Neben dem ADC-Programm steht ein weiterer Prüfstein an. Die FDA erteilte BNT113 den Fast-Track-Status. Der mRNA-Krebsimpfstoff richtet sich gegen HPV16-positive Kopf-Hals-Tumoren mit PD-L1-Expression. Die entscheidende Phase-2/3-Studie AHEAD-MERIT testet BNT113 in Kombination mit Pembrolizumab. Die primäre Auswertung ist für das vierte Quartal 2026 geplant.
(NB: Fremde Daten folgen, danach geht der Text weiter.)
-- ===== src/Tests/Gateway.antt =====
-- A gateway key on a pool of two accounts.
use cursor_pulse.Base.{
  ℕ, ◌*◌, ◌+◌, ◌&&◌, ◌==◌, if◌then◌else◌, ◌≡◌, refl, true, false, List, [], ◌∷◌, Option, some, elem,
  arith,
}
use cursor_pulse.Base.Dict.{lookup, nat_eq}
use cursor_pulse.Base.Sorting.{sort_by, place}
use cursor_pulse.Seats.Book.{
  empty_book, second, expire, count_by_account, count_loop, reap_dead_boots, dead_boots,
}
use cursor_pulse.Seats.Choice.{
  choose, occupy_all, held, choose_seats, choose_limited, current_fits, first_free, full, others_on,
  accounts, set_defaults,
}
use cursor_pulse.Sticky.{Entry, GatewaySelection, Gateway, entry_map, available, ranked_request}
use cursor_pulse.Sticky.Resolve.{
  Pick, resolve_cp_credential, pick_entry, sticky_entry, sticky_binding, drops_binding,
  restore_cp_seats, rank_anew, settle, chosen_of, ranked_entries, release_seat, restore_loop,
}
use cursor_pulse.Sticky.Pool.{PoolRow, is_listed, list_cp_pool_entries, tier_pressure}
use cursor_pulse.Sticky.Usable.{resolve_cp_credential-IsUsable}
use cursor_pulse.Base.Text.{Text, codes, strip, lower}
use cursor_pulse.Keys.Store.{is_cp_vendor}
use cursor_pulse.Sticky.Again.{resolved, resolve_cp_credential_again}

abbrev entry : ℕ → Entry
entry id = record { credential_id = id; account_id = 10 * id; has_key = true }

abbrev pool : List Entry
pool = entry 1 ∷ entry 2 ∷ []

abbrev selection : GatewaySelection
selection = record { min_switch = 600 * second; max_concurrent_users = 2; concurrent_ttl = 0 }

abbrev pick : Pick
pick = record {
  proxy_key_id = 5;
  exclude_credential_ids = [];
  current_credential_id = 0;
  release_current = false;
  boot_id = 0;
}

abbrev idle : Gateway
idle = record { bindings = []; book = empty_book }

-- The second entry ranks first.
abbrev rank : ℕ → ℕ → ℕ
rank id load = if id == 2 then load else load + 9

abbrev asked : Pick → ℕ → ℕ → List Entry → Gateway → Option Entry × Gateway
asked = resolved (λ key. key) rank false selection (λ key. selection) [] []

first_pick : (asked pick 1_000 1_000 pool idle).0 ≡ some (entry 2)
unfolding resolve_cp_credential pick_entry available sticky_entry sticky_binding drops_binding
    restore_cp_seats empty_book rank_anew settle chosen_of choose choose_seats ranked_request
    choose_limited current_fits first_free ranked_entries place sort_by count_by_account count_loop
    expire reap_dead_boots dead_boots release_seat restore_loop entry_map full others_on accounts
    set_defaults occupy_all held
first_pick = refl

abbrev row : ℕ → ℕ → PoolRow
row id pct = record {
  credential_id = id;
  account_id = 10 * id;
  vendor_slug = codes "glm";
  vendor_is_active = true;
  cp_proxy_enabled = true;
  is_deleted = false;
  is_active = true;
  is_primary = true;
  bound_at = id;
  snapshot = some (record { total_pct = some pct; tiers = [] });
}

-- The third account is nearly used up.
abbrev rows : List PoolRow
rows = row 1 20 ∷ row 2 40 ∷ row 3 97 ∷ []

abbrev listed : Text → List PoolRow → List Entry
listed = list_cp_pool_entries (λ id. id) (λ id. true) (codes "secret")

two_are_listed : listed (codes " GLM") rows ≡ pool
unfolding list_cp_pool_entries is_cp_vendor tier_pressure sort_by place strip lower
two_are_listed = refl

second_is_picked : (asked pick 1_000 1_000 (listed (codes " GLM") rows) idle).0 ≡ some (entry 2)
second_is_picked = rw two_are_listed first_pick

resolve_cp_credential-IsUsable_example :
    (is_listed (lower (strip (codes " GLM"))) rows (entry 2) ≡ true)
    × (true ≡ true)
    × (elem 2 [] ≡ false)
resolve_cp_credential-IsUsable_example =
    resolve_cp_credential-IsUsable (λ id. id) (λ id. true) (codes "secret") (codes " GLM") rows
      (λ key. key) rank false selection pick 1_000 1_000 (λ key. selection) [] [] idle (entry 2)
      second_is_picked

not_lost :
    (drops_binding (λ key. key) rank false selection pick 1_000 1_000 idle.bindings && false)
    ≡ false
unfolding drops_binding
not_lost = refl

still_listed : lookup 2 (entry_map (available pool []) []) ≡ some (entry 2)
unfolding entry_map available
still_listed = refl

-- The next request finds the gateway as the first has left it, and remembers no credential.
resolve_cp_credential_again_example :
    (asked pick 9_000 9_000 pool (asked pick 1_000 1_000 pool idle).1).0 ≡ some (entry 2)
resolve_cp_credential_again_example =
    resolve_cp_credential_again (λ key. key) rank false selection (λ key. selection) [] [] pick pick
      1_000 9_000 1_000 9_000 pool pool idle (entry 2) (entry 2) first_pick not_lost refl refl refl
      still_listed (omega arith) (omega arith)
Starke Finanzen, sparsame Kostenbasis

BioNTech verfügt zum 31. März 2026 über 16,8 Milliarden Euro an Barmitteln und Wertpapieren. Das Management bestätigte die Umsatzprognose von 2,0 bis 2,3 Milliarden Euro für das Gesamtjahr. Hinzu kommt ein Aktienrückkaufprogramm von bis zu 1,0 Milliarden Dollar.

Parallel strafft der Konzern seine Produktionsstruktur. Standorte in Idar-Oberstein, Marburg, Singapur und bei CureVac werden geschlossen. Bis zu 1.860 Stellen sind betroffen. Die erwarteten Einsparungen belaufen sich auf rund 500 Millionen Euro pro Jahr – Geld, das in die Onkologie-Pipeline fließt.

Die BioNTech-Aktie notiert am Mittwoch bei 76,65 Euro. Das ist knapp 25 Prozent unter dem 52-Wochen-Hoch von 101,90 Euro. Mit dem bevorstehenden BLA-Antrag und der mRNA-Datenauslese im vierten Quartal zeichnet sich ein richtungsweisendes zweites Halbjahr ab.